2COR517;1032065 said:


> So the cam lift is .480 and the valve only moves .050? Where does all that travel go? Must be absorbed by the hydraulic lifter?
> 
> And my truck idle at 700 or so. When I take my foot off the brake it doesn't launch immediately. Sometimes I have to get it up to 1200 or 1500 to move if I'm on a hill or hauling a big trailer. I'm still confused


Im still learning the whole measuring and figuring out the cam/valve lift thing myself so dont hold it against me if there is something wrong.
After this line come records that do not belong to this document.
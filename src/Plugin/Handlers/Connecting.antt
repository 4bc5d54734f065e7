-- ===== src/Plugin/Handlers/Connecting.antt =====
-- The way to a server, through the handler, the dynamic servers and the status service.
use rms_gate.Base.{ℕ, String, ◌≡◌, ◌≢◌, ◌↔◌, ◌⊎◌, inl, inr, true, false, Option, some, pos, lookup}
use rms_gate.DynamicServer.{Config as DynamicConfig, is_auto_start_server}
use rms_gate.DynamicServer.Startup.{World, start_server}
use rms_gate.DynamicServer.Startup.Started.{ComesUp, start_server_iff}
use rms_gate.McsManager.{Config as McsConfig, Service as McsService, start_instance, status_answer}
use rms_gate.Plugin.Handlers.{Passage, on_server_pre_connect}
use rms_gate.Plugin.Handlers.Admission.{Running, on_server_pre_connect_iff}

-- The status service as it answers the handler, the command to start and each attempt of the wait;
-- and the rest of what the wait sees.
pub record Outside : Type 0 where
  pub asked : McsService
  pub commanded : McsService
  pub attempted : ℕ → McsService
  pub network : World

abbrev pub world_of : Outside → McsConfig → String → World
world_of out client uuid = record out.network {
  status = λ i. status_answer (out.attempted i) client uuid;
}

-- The handler, for a player whose call of `EnsureServerRunning` is the one that starts the server.
unfoldable pub connect : Outside → DynamicConfig → McsConfig → String → Option Passage
connect out cfg client name =
    on_server_pre_connect out.asked (some (cfg, client))
      (λ n. start_server cfg n (start_instance out.commanded client) (world_of out client))
      (some name)

-- Where the poll interval is not 0, a player who finds no other start under way gets to a server
-- without being denied if and only if the server is not managed, the service reports that its
-- instance runs, or it has an instance whose start command is accepted and which comes up in the
-- attempts that the timeouts allow.
pub connect_iff :
    (out : Outside) (cfg : DynamicConfig) (client : McsConfig) (name : String)
    → cfg.poll_interval_seconds ≢ pos 0
    → ((p : Passage) × (connect out cfg client name ≡ some p) × (p.denied ≡ false)) ↔ (
        (is_auto_start_server cfg name ≡ false)
        ⊎ Running out.asked cfg client name
        ⊎ ((uuid : String) × (lookup name cfg.server_uuid_map ≡ some uuid)
            × (start_instance out.commanded client uuid ≡ some true)
            × ComesUp cfg (world_of out client uuid)))
unfolding connect
connect_iff out cfg client name h =
    let start = λ (n : String).
      start_server cfg n (start_instance out.commanded client) (world_of out client) in
    let handler = on_server_pre_connect_iff out.asked cfg client start name in
    let starts =
      start_server_iff cfg name (start_instance out.commanded client) (world_of out client) h in
    (
      (λ e. elim (handler.0 e) [
        | inl m ↦ inl m
        | inr (inl r) ↦ inr (inl r)
        | inr (inr s) ↦ inr (inr (starts.0 s))
      ]),
      λ e. handler.1 (elim e [
        | inl m ↦ inl m
        | inr (inl r) ↦ inr (inl r)
        | inr (inr s) ↦ inr (inr (starts.1 s))
      ]),
    )
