-- ===== src/Plugin/Routes.antt =====
-- main.go, `registerCommands`, `cmdHelp` and `cmdLBHelp`: the trees of `/dserver` and `/lb` that are
-- registered with the proxy, and the handler that each path of a tree runs. How the proxy finds the
-- path of what is typed is an argument, and so is what it returns for an argument that the path does
-- not name.
pub mod Paths
pub mod Typing
use rms_gate.Base.{ℕ, ◌-◌, ◌/◌, ◌<◌, String, Option, List, [], ◌∷◌, ℤ, codes}
use rms_gate.Float64.{Floats}
use rms_gate.LoadBalancer.History.{Cache}
use rms_gate.LoadBalancer.Registry.{LoadBalancer}
use rms_gate.DynamicServer.{Config, Manager}
use rms_gate.Plugin.Commands.{
  Message, Report, cmd_delay, cmd_auto_shutdown, cmd_lb_status, cmd_lb_status_all, cmd_lb_disable,
  cmd_lb_enable,
}

-- The functions that are given to `Executes`.
pub data Handler : Type 0 where
  delay auto_shutdown help lb_status lb_status_all lb_disable lb_enable lb_help : Handler

-- `brigodier.String`, the type of every argument.
pub data ArgumentType : Type 0 where
  string_argument : ArgumentType

-- The calls that build a tree, as the code writes them.
pub data Builder : Type 0 where
  literal : String → Builder
  argument : String → ArgumentType → Builder
  ◌>then>◌ : Builder → Builder → Builder
  ◌>executes>◌ : Builder → Handler → Builder

infixl 5 ◌>then>◌ ◌>executes>◌
-- The two calls of `Register`.
unfoldable pub register_commands : List Builder
register_commands =
    (literal "dserver"
      >then> (literal "delay"
          >then> (argument "server" string_argument
              >then> (argument "time" string_argument >executes> delay)))
      >then> (literal "autoshutdown"
          >then> (argument "server" string_argument
              >then> (argument "toggle" string_argument >executes> auto_shutdown)))
      >executes> help)
    ∷ (literal "lb"
        >then> (literal "status"
            >then> (argument "server" string_argument >executes> lb_status)
            >executes> lb_status_all)
        >then> (literal "disable"
            >then> (argument "server" string_argument
                >then> (argument "backend" string_argument >executes> lb_disable)))
        >then> (literal "enable"
            >then> (argument "server" string_argument
                >then> (argument "backend" string_argument >executes> lb_enable)))
        >executes> lb_help)
    ∷ []

unfoldable pub cmd_help : List String
cmd_help =
    "Dynamic Server Management Commands:"
    ∷ "  /dserver delay <server> <time|off> - Set/clear protection period"
    ∷ "    Time format: 10s, 5m, 2h or plain seconds"
    ∷ "  /dserver autoshutdown <server> <on|off> - Toggle auto-shutdown" ∷ []

unfoldable pub cmd_lb_help : List String
cmd_lb_help =
    "Load Balancer Commands:" ∷ "  /lb status [server] - Show backend status and health scores"
    ∷ "  /lb disable <server> <backend> - Disable a backend"
    ∷ "  /lb enable <server> <backend> - Enable a backend" ∷ []

-- The arguments of a path, by their names.
abbrev pub Args : Type 0
Args = List (String × String)

-- What a command shows.
pub data Shown (F : Type 0) : Type 0 where
  messages : List Message → Shown F
  status : Message → List (Report F) → Shown F
  lines : List String → Shown F

-- What the handlers read, and the parts of the plugin that they change.
pub record Plugin (fl : Floats) (P : Type 0) : Type 0 where
  pub dynamic_config : Config
  pub now : ℤ
  pub instant : ℤ
  pub history : Option (Cache fl.Float)
  pub period : ℕ
  pub dynamic_server : Option Manager
  pub load_balancer : Option (LoadBalancer fl.Float P)

module _ (fl : Floats) {P : Type 0} where
  -- A handler with the arguments of its path; `string` is `ctx.String`.
  unfoldable pub run :
      (Args → String → String) → Handler → Args → Plugin fl P → Plugin fl P × Shown fl.Float
  run string delay args p =
      let (m, shown) =
        cmd_delay p.dynamic_config p.now p.instant p.dynamic_server (string args "server")
          (codes (string args "time")) in
      (record p { dynamic_server = m }, messages shown)
  run string auto_shutdown args p =
      let (m, shown) =
        cmd_auto_shutdown p.dynamic_config p.dynamic_server (string args "server")
          (string args "toggle") in
      (record p { dynamic_server = m }, messages shown)
  run string help args p = (p, lines cmd_help)
  run string lb_status args p =
      let (first, reports) =
        cmd_lb_status fl p.history p.period p.load_balancer (string args "server") in
      (p, status first reports)
  run string lb_status_all args p = (p, messages (cmd_lb_status_all p.load_balancer))
  run string lb_disable args p =
      let (lb, shown) =
        cmd_lb_disable p.load_balancer (string args "server") (string args "backend") in
      (record p { load_balancer = lb }, messages shown)
  run string lb_enable args p =
      let (lb, shown) =
        cmd_lb_enable p.load_balancer (string args "server") (string args "backend") in
      (record p { load_balancer = lb }, messages shown)
  run string lb_help args p = (p, lines cmd_lb_help)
Again still on the learning curve here myself. The stall controls when the turbine and stator transfer the engine rotations to the transmission its self. Having a load against the truck will require higher rpms to move, stalled converter or not. It is just the weight of the load acting like resistance against the driveline. 1200 rpm or what not is where the driveline finally overcomes the resistance and can begin moving the weight. If you are building a performance engine and it has a power band from 2500 rpm to 6800 rpm, you dont want to wait for the lag from idle to that 2500 to get going. The stall converter holds everything till the engine hits that 2500 rpm point, then it transfers the power from the engine to the trans and goes.
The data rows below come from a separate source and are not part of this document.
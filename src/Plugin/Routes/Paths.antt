-- ===== src/Plugin/Routes/Paths.antt =====
-- The paths of a tree of commands, and the texts that fit them.
use rms_gate.Base.{
  String, ◌≡◌, refl, ap, ◌∙◌, inl, inr, Bool, true, false, not, ◌&&◌, Option, none, some, List, [],
  ◌∷◌, ◌++◌, map, arith, if◌then◌else◌, Option-cases, ◌>>=◌, >>=-eq-some, Occurs, str_eq,
  str_eq_iff,
}
use rms_gate.Plugin.Routes.{
  Builder, Handler, Args, ArgumentType, literal, argument, ◌>then>◌, ◌>executes>◌,
}

-- A step of a path: a word as it is, or a text of some type under a name.
pub data Part : Type 0 where
  word : String → Part
  value : String → ArgumentType → Part

unfoldable pub label : Builder → Part
label (literal w) = word w
label (argument n type) = value n type
label (b >then> c) = label b
label (b >executes> h) = label b

abbrev pub Route : Type 0
Route = List Part × Handler

-- The paths that run a handler.
unfoldable pub paths : Builder → List Route
unfolding label
paths (literal w) = []
paths (argument n type) = []
paths (b >then> c) = paths b ++ map (λ (p : Route). (label b ∷ p.0, p.1)) (paths c)
paths (b >executes> h) = paths b ++ ((label b ∷ [], h) ∷ [])

unfoldable pub all_paths : List Builder → List Route
unfolding paths
all_paths [] = []
all_paths (b ∷ bs) = paths b ++ all_paths bs

-- The arguments of a text that fits a path; `reads` says which words the library takes for an
-- argument of a type.
unfoldable pub fits : (ArgumentType → String → Bool) → List Part → List String → Option Args
fits reads [] [] = some []
fits reads [] (t ∷ ts) = none
fits reads (p ∷ ps) [] = none
fits reads (word w ∷ ps) (t ∷ ts) = if str_eq w t then fits reads ps ts else none
fits reads (value n type ∷ ps) (t ∷ ts) =
    let rest = fits reads ps ts >>= λ args. some ((n, t) ∷ args) in
    if reads type t then rest else none

-- Whether some text may fit both.
unfoldable pub meet : List Part → List Part → Bool
meet [] [] = true
meet [] (q ∷ qs) = false
meet (p ∷ ps) [] = false
meet (word w ∷ ps) (word v ∷ qs) = str_eq w v && meet ps qs
meet (word w ∷ ps) (value n type ∷ qs) = meet ps qs
meet (value n type ∷ ps) (q ∷ qs) = meet ps qs

if_some :
    {A : Type 0} (c : Bool) (x : Option A) (a : A) → (if c then x else none) ≡ some a → x ≡ some a
if_some c x a e = ground arith

fits-meet :
    (reads : ArgumentType → String → Bool) (ps qs : List Part) (ts : List String) (a b : Args)
    → fits reads ps ts ≡ some a
    → fits reads qs ts ≡ some b
    → meet ps qs ≡ true
unfolding fits meet
fits-meet reads [] [] ts a b e d = refl
fits-meet reads [] (q ∷ qs) [] a b e d = cc
fits-meet reads [] (q ∷ qs) (t ∷ ts) a b e d = cc
fits-meet reads (p ∷ ps) [] [] a b e d = cc
fits-meet reads (p ∷ ps) [] (t ∷ ts) a b e d = cc
fits-meet reads (p ∷ ps) (q ∷ qs) [] a b e d = cc
fits-meet reads (word w ∷ ps) (word v ∷ qs) (t ∷ ts) a b e d =
    ground (arith, str_eq_iff w t, str_eq_iff v t, str_eq_iff w v, fits-meet reads ps qs ts a b)
fits-meet reads (word w ∷ ps) (value n type ∷ qs) (t ∷ ts) a b e d =
    let (b', d', _) = >>=-eq-some (fits reads qs ts) _ b (if_some (reads type t) _ b d) in
    fits-meet reads ps qs ts a b' (if_some (str_eq w t) _ a e) d'
fits-meet reads (value n type ∷ ps) (word v ∷ qs) (t ∷ ts) a b e d =
    let (a', e', _) = >>=-eq-some (fits reads ps ts) _ a (if_some (reads type t) _ a e) in
    fits-meet reads ps qs ts a' b e' (if_some (str_eq v t) _ b d)
fits-meet reads (value n type ∷ ps) (value m type' ∷ qs) (t ∷ ts) a b e d =
    let (a', e', _) = >>=-eq-some (fits reads ps ts) _ a (if_some (reads type t) _ a e) in
    let (b', d', _) = >>=-eq-some (fits reads qs ts) _ b (if_some (reads type' t) _ b d) in
    fits-meet reads ps qs ts a' b' e' d'

-- No text fits one of the paths and this one.
unfoldable pub clear_of : List Part → List Route → Bool
unfolding meet
clear_of ps [] = true
clear_of ps (q ∷ qs) = not (meet ps q.0) && clear_of ps qs

unfoldable pub separate : List Route → Bool
unfolding clear_of
separate [] = true
separate (p ∷ ps) = clear_of p.0 ps && separate ps

-- The first path that fits.
unfoldable pub first_fit :
    (ArgumentType → String → Bool) → List Route → List String → Option (Handler × Args)
unfolding fits
first_fit reads [] ts = none
first_fit reads (p ∷ ps) ts = elim (fits reads p.0 ts) [
  | none ↦ first_fit reads ps ts
  | some args ↦ some (p.1, args)
]

clear_of-none :
    (reads : ArgumentType → String → Bool) (ps qs : List Part) (h : Handler) (rest : List Route)
    (ts : List String) (a b : Args)
    → clear_of ps rest ≡ true
    → Occurs (qs, h) rest
    → fits reads ps ts ≡ some a
    → fits reads qs ts ≡ some b
    → ⊥
unfolding clear_of
clear_of-none reads ps qs h [] ts a b c at e d = at
clear_of-none reads ps qs h (r ∷ rest) ts a b c (inl same) e d =
    let m = fits-meet reads ps r.0 ts a b e (ap (λ (x : Route). fits reads x.0 ts) same ∙ d) in
    ground (arith, m, c)
clear_of-none reads ps qs h (r ∷ rest) ts a b c (inr later) e d =
    clear_of-none reads ps qs h rest ts a b (ground (arith, c)) later e d

-- Where no two paths meet, the path that fits is found.
pub first_fit-separate :
    (reads : ArgumentType → String → Bool) (rs : List Route) (ps : List Part) (h : Handler)
    (ts : List String) (args : Args)
    → separate rs ≡ true
    → Occurs (ps, h) rs
    → fits reads ps ts ≡ some args
    → first_fit reads rs ts ≡ some (h, args)
unfolding separate first_fit
first_fit-separate reads [] ps h ts args s at e = absurd at
first_fit-separate reads (r ∷ rs) ps h ts args s (inl same) e =
    let own = ap (λ (x : Route). fits reads x.0 ts) same ∙ e in
    rw (first_fit, own) (ap (λ (x : Route). some (x.1, args)) same)
first_fit-separate reads (r ∷ rs) ps h ts args s (inr later) e =
    elim (Option-cases (fits reads r.0 ts)) [
      | inl no_fit ↦
          rw (first_fit, no_fit)
            (first_fit-separate reads rs ps h ts args (ground (arith, s)) later e)
      | inr (a, fit) ↦
          absurd (clear_of-none reads r.0 ps h rs ts a args (ground (arith, s)) later fit e)
    ]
If I am wrong here, please someone correct me!!! That is the only way I or anyone else will learn. I hate being way off on things, lol.


----------



## 2COR517 (Oct 23, 2008)

cubicinches;1032078 said:


> Ick! That doesn't sound good...


Maybe negative ratio rocker arms?


----------



## cubicinches (Oct 19, 2008)

2COR517;1032092 said:


> Maybe negative ratio rocker arms?


.1042 Rocker arm ratio....

.480 X .1042 = .050016 valve lift.

Man, .480 is one helluva hydraulic lobe. How about if you ran that with a stock 1.5 rocker arm... You get .720 lift.


----------



## 2COR517 (Oct 23, 2008)

That sounds good to me. That will make the truck pretty loud, right?


----------



## cubicinches (Oct 19, 2008)

2COR517;1032099 said:


> That sounds good to me. That will make the truck pretty loud, right?


Uhh.. that's another thread... this is the cam thread.


----------



## Sydenstricker Landscaping (Dec 17, 2006)

I think it is time to sit back and read for a while. I think I have surpassed fail and ended up on epic fail


----------



## 2COR517 (Oct 23, 2008)

Sydenstricker Landscaping;1032104 said:


> I think it is time to sit back and read for a while.


We all have learning to do about something. Glad to see you man up though, that's rare. :salute:


----------



## Sydenstricker Landscaping (Dec 17, 2006)

2COR517;1032106 said:


> We all have learning to do about something. Glad to see you man up though, that's rare. :salute:


Well thank you:waving: I know when it is time to stop and let someone with more knowledge chime in. I dont and never will claim to know everything.


----------



## B&B (Nov 4, 2006)

cubicinches;1032096 said:


> Man, .480 is one helluva hydraulic lobe.


Gonna be a little tough to even get that one through the cam bearings. 

Palmer, open your cam catalog and scroll your finger to the last cam at the bottom of the page. Pick that one. That's what everyone else does. :laughing:


----------



## cubicinches (Oct 19, 2008)

B&B;1032142 said:


> Gonna be a little tough to even get that one through the cam bearings.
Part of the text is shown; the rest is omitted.